# Low light hardy plants that will survive mbuna?



## jschall (Apr 2, 2009)

Any ideas?


----------



## BoostedX (Mar 1, 2009)

Anabus (sp?) is a good plant. Grows in nicely and looks great. Dont actually stick it in the substrate just wedge it inbetween some rocks and it will grow alot better.


----------



## Britnick (Apr 18, 2008)

Vallis, Java Fern and African Sword also work. They don't eat the plants, but they do pull at the edges, which can dislodge or uproot the plant. Getting the substrate rooted plants going quickly is the best option.

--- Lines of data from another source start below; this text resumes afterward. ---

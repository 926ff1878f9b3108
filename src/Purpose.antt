-- ===== src/Purpose.antt =====
-- internal/purpose/service.go: missions, goals and obligations, and the check that a purpose stands.
pub mod Missions
mod Examples
use meeseek_collective.Common.{
  ℕ, Bool, true, false, ◌&&◌, ◌||◌, not, Option, none, some, List, [], ◌∷◌, String, ◌==◌,
  if◌then◌else◌, nat_eq,
}
use meeseek_collective.Common.Text.{trim_space}
use meeseek_collective.Common.Rows.{Keyed, find, update, insert, changed}
use meeseek_collective.Common.Result.{
  invalid_purpose, no_rows, constraint_failed, Result, ok, err, Tx, ◌>>=◌, ◌>>◌, pure, reject_if,
  gets, lift, with_tx,
}
use meeseek_collective.Domain.{PurposeKind, PurposeRef}

-- A row of missions.
pub record Mission : Type 0 where
  pub id : String
  pub statement : String
  pub active : Bool
  pub created_at : ℕ
  pub deactivated_at : Option ℕ

-- A row of goals.
pub record Goal : Type 0 where
  pub id : String
  pub purpose : PurposeRef
  pub statement : String
  pub created_at : ℕ

-- A row of obligations.
pub record Obligation : Type 0 where
  pub id : String
  pub source : String
  pub statement : String
  pub active : Bool
  pub created_at : ℕ

pub record Purposes : Type 0 where
  pub missions : List Mission
  pub goals : List Goal
  pub obligations : List Obligation

instance abbrev pub mission_key : Keyed Mission
mission_key = record { key = λ m. m.id }

instance abbrev pub goal_key : Keyed Goal
goal_key = record { key = λ g. g.id }

instance abbrev pub obligation_key : Keyed Obligation
obligation_key = record { key = λ o. o.id }

-- `SELECT … WHERE active = 1`
unfoldable pub find_active : List Mission → Option Mission
find_active [] = none
find_active (m ∷ ms) = if m.active then some m else find_active ms

-- The unique index on the active mission, and the primary key.
unfoldable pub insert_mission : Mission → Tx Purposes (Unit {0})
insert_mission m s = elim (find_active s.missions) [
  | some _ ↦ err constraint_failed
  | none ↦ elim (insert m s.missions) [
    | some rows ↦ ok (tt, record s { missions = rows })
    | none ↦ err constraint_failed
  ]
]

unfoldable pub create_mission : String → ℕ → String → Tx Purposes String
create_mission fresh now statement = do
  reject_if (trim_space statement == "") invalid_purpose
  insert_mission (record {
    id = fresh;
    statement = trim_space statement;
    active = true;
    created_at = now;
    deactivated_at = none;
  })
  pure fresh

unfoldable pub active_mission : Purposes → Result (String × String)
active_mission s = elim (find_active s.missions) [
  | some m ↦ ok (m.id, m.statement)
  | none ↦ err no_rows
]

abbrev pub deactivate_row : ℕ → Mission → Mission
deactivate_row now m =
    if m.active then record m { active = false; deactivated_at = some now } else m

unfoldable pub deactivate_mission : ℕ → String → Tx Purposes (Unit {0})
deactivate_mission now id s =
    if id == "" || not (nat_eq (changed id (λ m. m.active) s.missions) 1)
    then err invalid_purpose
    else ok (tt, record s { missions = update id (deactivate_row now) s.missions })

-- `PurposeKind.Valid`
abbrev pub is_valid_kind : PurposeKind → Bool
is_valid_kind (PurposeKind.unlisted _) = false
is_valid_kind _ = true

unfoldable pub is_active_mission : String → List Mission → Bool
is_active_mission id ms = elim (find id ms) [ some m ↦ m.active | none ↦ false ]

unfoldable pub is_active_obligation : String → List Obligation → Bool
is_active_obligation id os = elim (find id os) [ some o ↦ o.active | none ↦ false ]

unfoldable pub stands : Purposes → PurposeKind → String → Bool
stands s PurposeKind.mission id = is_active_mission id s.missions
stands s PurposeKind.obligation id = is_active_obligation id s.obligations
stands s (PurposeKind.unlisted _) id = false
stands s _ id = true

unfoldable pub validate_purpose : Purposes → PurposeRef → Result (Unit {0})
validate_purpose s p =
    if not (is_valid_kind p.kind) || p.id == "" || not (stands s p.kind p.id)
    then err invalid_purpose
    else ok tt

unfoldable pub insert_goal : Goal → Tx Purposes (Unit {0})
insert_goal g s = elim (insert g s.goals) [
  | some rows ↦ ok (tt, record s { goals = rows })
  | none ↦ err constraint_failed
]

unfoldable pub create_goal : String → ℕ → PurposeRef → String → Tx Purposes String
create_goal fresh now p statement = do
  reject_if (trim_space statement == "") invalid_purpose
  standing ← gets (λ s. validate_purpose s p)
  lift standing
  insert_goal
      (record { id = fresh; purpose = p; statement = trim_space statement; created_at = now })
  pure fresh

unfoldable pub insert_obligation : Obligation → Tx Purposes (Unit {0})
insert_obligation o s = elim (insert o s.obligations) [
  | some rows ↦ ok (tt, record s { obligations = rows })
  | none ↦ err constraint_failed
]

unfoldable pub create_obligation : String → ℕ → String → String → Tx Purposes String
create_obligation fresh now source statement = do
  reject_if (trim_space source == "" || trim_space statement == "") invalid_purpose
  insert_obligation (record {
    id = fresh;
    source = trim_space source;
    statement = trim_space statement;
    active = true;
    created_at = now;
  })
  pure fresh

-- One call, with the identifier and the reading of the clock that it draws.
pub data Call : Type 0 where
  creates_mission : String → ℕ → String → Call
  deactivates : ℕ → String → Call
  creates_goal : String → ℕ → PurposeRef → String → Call
  creates_obligation : String → ℕ → String → String → Call

unfoldable pub after : Purposes → Call → Purposes
after s (creates_mission fresh now statement) = (with_tx (create_mission fresh now statement) s).1
after s (deactivates now id) = (with_tx (deactivate_mission now id) s).1
after s (creates_goal fresh now p statement) = (with_tx (create_goal fresh now p statement) s).1
after s (creates_obligation fresh now source statement) =
    (with_tx (create_obligation fresh now source statement) s).1

unfoldable pub run : Purposes → List Call → Purposes
run s [] = s
run s (c ∷ cs) = run (after s c) cs
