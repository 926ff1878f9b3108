-- ===== src/Execution/State.antt =====
-- The tables of the execution service and the statements on them. An operation is the body of a
-- transaction; a time is the nanoseconds since Go's zero time.
use meeseek_collective.Common.{
  ℕ, Bool, true, false, ◌&&◌, not, Option, none, some, List, String, ◌==◌,
}
use meeseek_collective.Common.Int.{ℤ}
use meeseek_collective.Common.Rows.{Keyed, find, update, insert}
use meeseek_collective.Common.Result.{
  constraint_failed, failure, ok, err, Tx, ◌>>=◌, ◌>>◌, reject_if, or_raise, gets, modify,
}
use meeseek_collective.Domain.{
  TaskState, AttemptState, LeaseState, EnforcementLevel, FailureClass, ChallengeScope, PurposeRef,
}

pub record Task : Type 0 where
  pub id : String
  pub parent : String
  pub purpose : PurposeRef
  pub task_class : String
  pub objective : String
  pub payload : String
  pub idempotency_key : String
  pub request_hash : String
  pub state : TaskState
  pub current_attempt : Option String
  pub current_fence : ℕ
  pub acceptance_criteria : List String
  pub required_capabilities : List String
  pub required_enforcement : EnforcementLevel
  pub authority_ceiling : List String
  pub resource_envelope : String
  pub priority : ℤ
  pub earliest_start : ℕ
  pub deadline : ℕ
  pub created_at : ℕ
  pub updated_at : ℕ

pub record Attempt : Type 0 where
  pub id : String
  pub task : String
  pub state : AttemptState
  pub fence : ℕ
  pub lease_state : LeaseState
  pub lease_expires_at : ℕ
  pub executor_kind : String
  pub started_at : ℕ
  pub completed_at : Option ℕ

pub record Failure : Type 0 where
  pub id : String
  pub attempt : String
  pub task : String
  pub class : FailureClass
  pub signature : String
  pub evidence : List String

pub record Challenge : Type 0 where
  pub id : String
  pub task : String
  pub scope : ChallengeScope
  pub reason : String
  pub evidence : List String

pub record Event : Type 0 where
  pub id : String
  pub task : String
  pub attempt : Option String
  pub kind : String
  pub at : ℕ

pub record Store : Type 0 where
  pub tasks : List Task
  pub attempts : List Attempt
  pub failures : List Failure
  pub challenges : List Challenge
  pub events : List Event

pub record Guarded : Type 0 where
  pub task : String
  pub attempt : String
  pub fence : ℕ
  pub lease_expires_at : ℕ
  pub task_state : TaskState

instance abbrev pub task_key : Keyed Task
task_key = record { key = λ t. t.id }

instance abbrev pub attempt_key : Keyed Attempt
attempt_key = record { key = λ a. a.id }

instance abbrev pub failure_key : Keyed Failure
failure_key = record { key = λ f. f.id }

instance abbrev pub challenge_key : Keyed Challenge
challenge_key = record { key = λ c. c.id }

instance abbrev pub event_key : Keyed Event
event_key = record { key = λ e. e.id }

abbrev pub is_eligible : TaskState → Bool
is_eligible TaskState.eligible = true
is_eligible _ = false

abbrev pub is_executing : TaskState → Bool
is_executing TaskState.executing = true
is_executing _ = false

abbrev pub is_active : LeaseState → Bool
is_active LeaseState.active = true
is_active _ = false

abbrev pub is_current : Option String → String → Bool
is_current none id = false
is_current (some j) id = j == id

unfoldable pub insert_attempt : Attempt → Tx Store (Unit {0})
insert_attempt a s = elim (insert a s.attempts) [
  | some rows ↦ ok (tt, record s { attempts = rows })
  | none ↦ err constraint_failed
]

unfoldable pub insert_failure : Failure → Tx Store (Unit {0})
insert_failure f s = elim (insert f s.failures) [
  | some rows ↦ ok (tt, record s { failures = rows })
  | none ↦ err constraint_failed
]

unfoldable pub insert_challenge : Challenge → Tx Store (Unit {0})
insert_challenge c s = elim (insert c s.challenges) [
  | some rows ↦ ok (tt, record s { challenges = rows })
  | none ↦ err constraint_failed
]

unfoldable pub update_task : String → (Task → Task) → Tx Store (Unit {0})
update_task id f s = ok (tt, record s { tasks = update id f s.tasks })

unfoldable pub update_attempt : String → (Attempt → Attempt) → Tx Store (Unit {0})
update_attempt id f s = ok (tt, record s { attempts = update id f s.attempts })

unfoldable pub load_task : String → Tx Store Task
load_task id s = elim (find id s.tasks) [
  | some t ↦ ok (t, s)
  | none ↦ err (failure "task not found")
]

-- The foreign keys of an event: its task and, where it names one, its attempt.
refers : Event → Store → Bool
refers e s = elim (find e.task s.tasks) [ some _ ↦ true | none ↦ false ] && elim e.attempt [
  | none ↦ true
  | some a ↦ elim (find a s.attempts) [ some _ ↦ true | none ↦ false ]
]

unfoldable pub append_event : Event → Tx Store (Unit {0})
unfolding refers
append_event e = do
  good ← gets (refers e)
  reject_if (not good) constraint_failed
  rows ← gets (λ s. insert e s.events)
  events ← or_raise rows constraint_failed
  modify (λ s. record s { events = events })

A good root tab will help this process no end. It also helps to plant away from where the fish traditionally dig.


----------



## zazz (Apr 5, 2008)

do these require co2 .. can they survive in low light and no added co2?


----------



## Britnick (Apr 18, 2008)

Yes they will grow without CO2 and in low light (low light would be no light aimed at aiding plant growth)


----------



## ridley25 (Jan 5, 2008)

+1 on Anubias. My mbuna nibble at it a bit but it grows nicely. I have them wedged between rocks so I can even move them when I want.


----------



## josmoloco (Aug 23, 2008)

Java moss........ 8)


----------



## Britnick (Apr 18, 2008)

I tried Java moss, but could I actually get it to attach to anything! When I had limited success the fish just pulled it to bits and my tank ended up looking like a seaweed mess. spent weeks pulling it out of filter inlets and media...


----------